Withdrawal of CFTC Staff Guidance on Virtual Carbon Credits

Legal Alert
Baker Donelson (original publication)
By Paul Turner and Peyton Lacoste
November 6, 2024

The Commodity Futures Trading Commission (CFTC) withdrew its guidance on the listing of voluntary carbon credit derivative contracts (VCCs) on September 10, 2025. The decision marks a shift in the regulatory landscape for environmental commodities and removes a tailored framework that was intended to address perceived manipulation risk in this asset class.

The withdrawn guidance aimed to promote transparency, comparability, and environmental integrity, and it encouraged adoption of industry standards in contract terms. With the withdrawal, exchanges and market participants rely solely on the existing “Uniform Framework” under Section 5c of the Commodity Exchange Act and CFTC Regulations in Parts 38 and 40.

The CFTC stated that the Uniform Framework already provides sufficient structure for listing VCCs by designated contract markets and swap execution facilities, and that narrow VCC-specific guidance could cause confusion or inconsistent application of general rules.

In practical terms, DCMs and market participants should expect continued focus on Core Principles 3 (contracts not readily susceptible to manipulation) and 4 (effective surveillance and prevention of price distortion).
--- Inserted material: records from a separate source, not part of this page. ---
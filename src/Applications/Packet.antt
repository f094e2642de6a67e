-- ===== src/Applications/Packet.antt =====
-- apps/api/src/applications/service.ts and fillable.ts: an approved packet, what makes it stale, and
-- when it may be filled.
use octopus_job_search.Base.{
  ℕ, ◌+◌, ◌*◌, min, max, Bool, false, not, ◌&&◌, ◌||◌, Option, none, some, List, [], ◌∷◌, ◌++◌,
}
use octopus_job_search.Base.Tests.{◌==◌, leb, if◌then◌else◌, is_some, same_opt}
use octopus_job_search.Base.Lists.{length}
use octopus_job_search.Base.Text.{Text, text_eq}
use octopus_job_search.FillPlanner.Forms.{AnswerSensitivity}
use octopus_job_search.FillPlanner.Plan.{AnswerValue, FillField}
use octopus_job_search.Applications.Status.{
  ApplicationStatus, same_status, outcome_unknown, approved,
}
use octopus_job_search.Applications.Transition.{ApplicationRow}

pub record PacketDestination : Type 0 where
  pub url : Text
  pub origin : Text
  pub connector : Option Text
  pub connector_version : Option Text

pub data PacketAnswerProvenance : Type 0 where
  user_entered answer_bank profile_fact preference : PacketAnswerProvenance

pub record PacketAnswer : Type 0 where
  pub question_key : Text
  pub label : Option Text
  pub answer : Option AnswerValue
  pub required : Bool
  pub sensitivity : AnswerSensitivity
  pub provenance : PacketAnswerProvenance
  pub source_id : Option ℕ

-- A digest is the number that its text spells.
pub record PacketRow : Type 0 where
  pub id : ℕ
  pub application_id : ℕ
  pub revision : ℕ
  pub profile_revision : ℕ
  pub job_revision : ℕ
  pub resume_id : ℕ
  pub resume_sha256 : Option ℕ
  pub destination_url : Text
  pub destination_origin : Text
  pub connector : Option Text
  pub connector_version : Option Text
  pub answers : List PacketAnswer
  pub form_fingerprint : Option Text
  pub content_hash : ℕ
  pub approved_at : Option ℕ
  pub approved_hash : Option ℕ
  pub expires_at : Option ℕ
  pub created_at : ℕ

pub record PacketLiveState : Type 0 where
  pub profile_revision : ℕ
  pub job_revision : ℕ
  pub resume_sha256 : Option ℕ
  pub destination : PacketDestination

pub data ResumeMode : Type 0 where
  original tailored : ResumeMode

pub record ResumeFiles : Type 0 where
  pub mode : ResumeMode
  pub input_file_id : Option ℕ
  pub pdf_file_id : Option ℕ
  pub docx_file_id : Option ℕ

unfoldable pub attachment_file_id : ResumeFiles → Option ℕ
attachment_file_id resume = elim resume.mode [
  | original ↦ resume.input_file_id
  | tailored ↦ elim resume.pdf_file_id [ none ↦ resume.docx_file_id | some id ↦ some id ]
]

abbrev pub is_unresolved : PacketAnswer → Bool
is_unresolved a = a.required && not (is_some a.answer)

unfoldable pub unresolved_question_keys : List PacketAnswer → List Text
unresolved_question_keys [] = []
unresolved_question_keys (a ∷ rest) =
    let keys = unresolved_question_keys rest in
    if is_unresolved a then a.question_key ∷ keys else keys

pub data PacketStalenessReason : Type 0 where
  profile_revision_changed job_revision_changed resume_changed : PacketStalenessReason
  destination_changed form_schema_changed approval_expired : PacketStalenessReason

abbrev pub has_passed : Option ℕ → ℕ → Bool
has_passed none now = false
has_passed (some at) now = leb at now

abbrev pub reason_if : Bool → PacketStalenessReason → List PacketStalenessReason
reason_if b reason = if b then reason ∷ [] else []

unfoldable pub packet_staleness : PacketRow → PacketLiveState → ℕ → List PacketStalenessReason
packet_staleness packet live now =
    reason_if (not (live.profile_revision == packet.profile_revision)) profile_revision_changed
    ++ (reason_if (not (live.job_revision == packet.job_revision)) job_revision_changed
        ++ (reason_if (not (same_opt live.resume_sha256 packet.resume_sha256)) resume_changed
            ++ (reason_if
                  (not (text_eq live.destination.url packet.destination_url)
                    || not (text_eq live.destination.origin packet.destination_origin))
                  destination_changed
                ++ reason_if (has_passed packet.expires_at now) approval_expired)))

abbrev pub packet_approval_max_ttl_hours : ℕ
packet_approval_max_ttl_hours = 24

unfoldable pub approval_expiry : ℕ → ℕ → ℕ
approval_expiry approved_at configured_ttl_hours =
    approved_at + min (max configured_ttl_hours 1) packet_approval_max_ttl_hours * 60 * 60 * 1000

-- What `loadApplicationContexts` gives of an application: the live state is there just where the
-- packet is.
pub record ApplicationContext : Type 0 where
  pub application : ApplicationRow
  pub packet : Option (PacketRow × PacketLiveState)

pub data FillRefusal : Type 0 where
  unknown_outcome : FillRefusal
  not_approved_status : ApplicationStatus → FillRefusal
  not_approved_packet superseded : FillRefusal
  out_of_date : List PacketStalenessReason → FillRefusal
  unanswered : ℕ → FillRefusal

-- The checks from the staleness on.
unfoldable pub refuse_content : PacketRow → PacketLiveState → ℕ → Option FillRefusal
refuse_content packet live now =
    if not (length (packet_staleness packet live now) == 0)
    then some (out_of_date (packet_staleness packet live now))
    else if not (length (unresolved_question_keys packet.answers) == 0)
    then some (unanswered (length (unresolved_question_keys packet.answers)))
    else none

abbrev pub refuse_packet :
    ApplicationRow → Option (PacketRow × PacketLiveState) → ℕ → Option FillRefusal
refuse_packet application none now = some not_approved_packet
refuse_packet application (some (packet, live)) now =
    if not (is_some packet.approved_at)
    then some not_approved_packet
    else if not (same_opt application.current_packet_id (some packet.id))
    then some superseded
    else refuse_content packet live now

unfoldable pub fill_refusal : ApplicationContext → ℕ → Option FillRefusal
unfolding same_status
fill_refusal loaded now =
    if same_status loaded.application.status outcome_unknown
    then some unknown_outcome
    else if not (same_status loaded.application.status approved)
    then some (not_approved_status loaded.application.status)
    else refuse_packet loaded.application loaded.packet now

-- Only answered questions travel.
unfoldable pub fillable_fields : List PacketAnswer → List FillField
fillable_fields [] = []
fillable_fields (a ∷ rest) = elim a.answer [
  | none ↦ fillable_fields rest
  | some value ↦
      record {
        question_key = a.question_key;
        label = a.label;
        answer = value;
        required = a.required;
        sensitivity = a.sensitivity;
      }
      ∷ fillable_fields rest
]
For VCC derivatives, that continues to turn on assessment of the underlying credits: quantification methodology, permanence, additionality, delivery mechanics, and market structure.

For industrials and end-users, the removal of a more specific framework may introduce ambiguity about what “good enough” looks like for listing standards and ongoing surveillance. It may also affect the pace of product development and the diligence burden for participants who are new to environmental commodities.

A sustainable voluntary carbon offset market requires transparency and comparability so participants can evaluate projects on a level playing field. In the near term, participants should assume that diligence, documentation discipline, and contractual risk allocation remain the primary tools for managing fraud and delivery risk.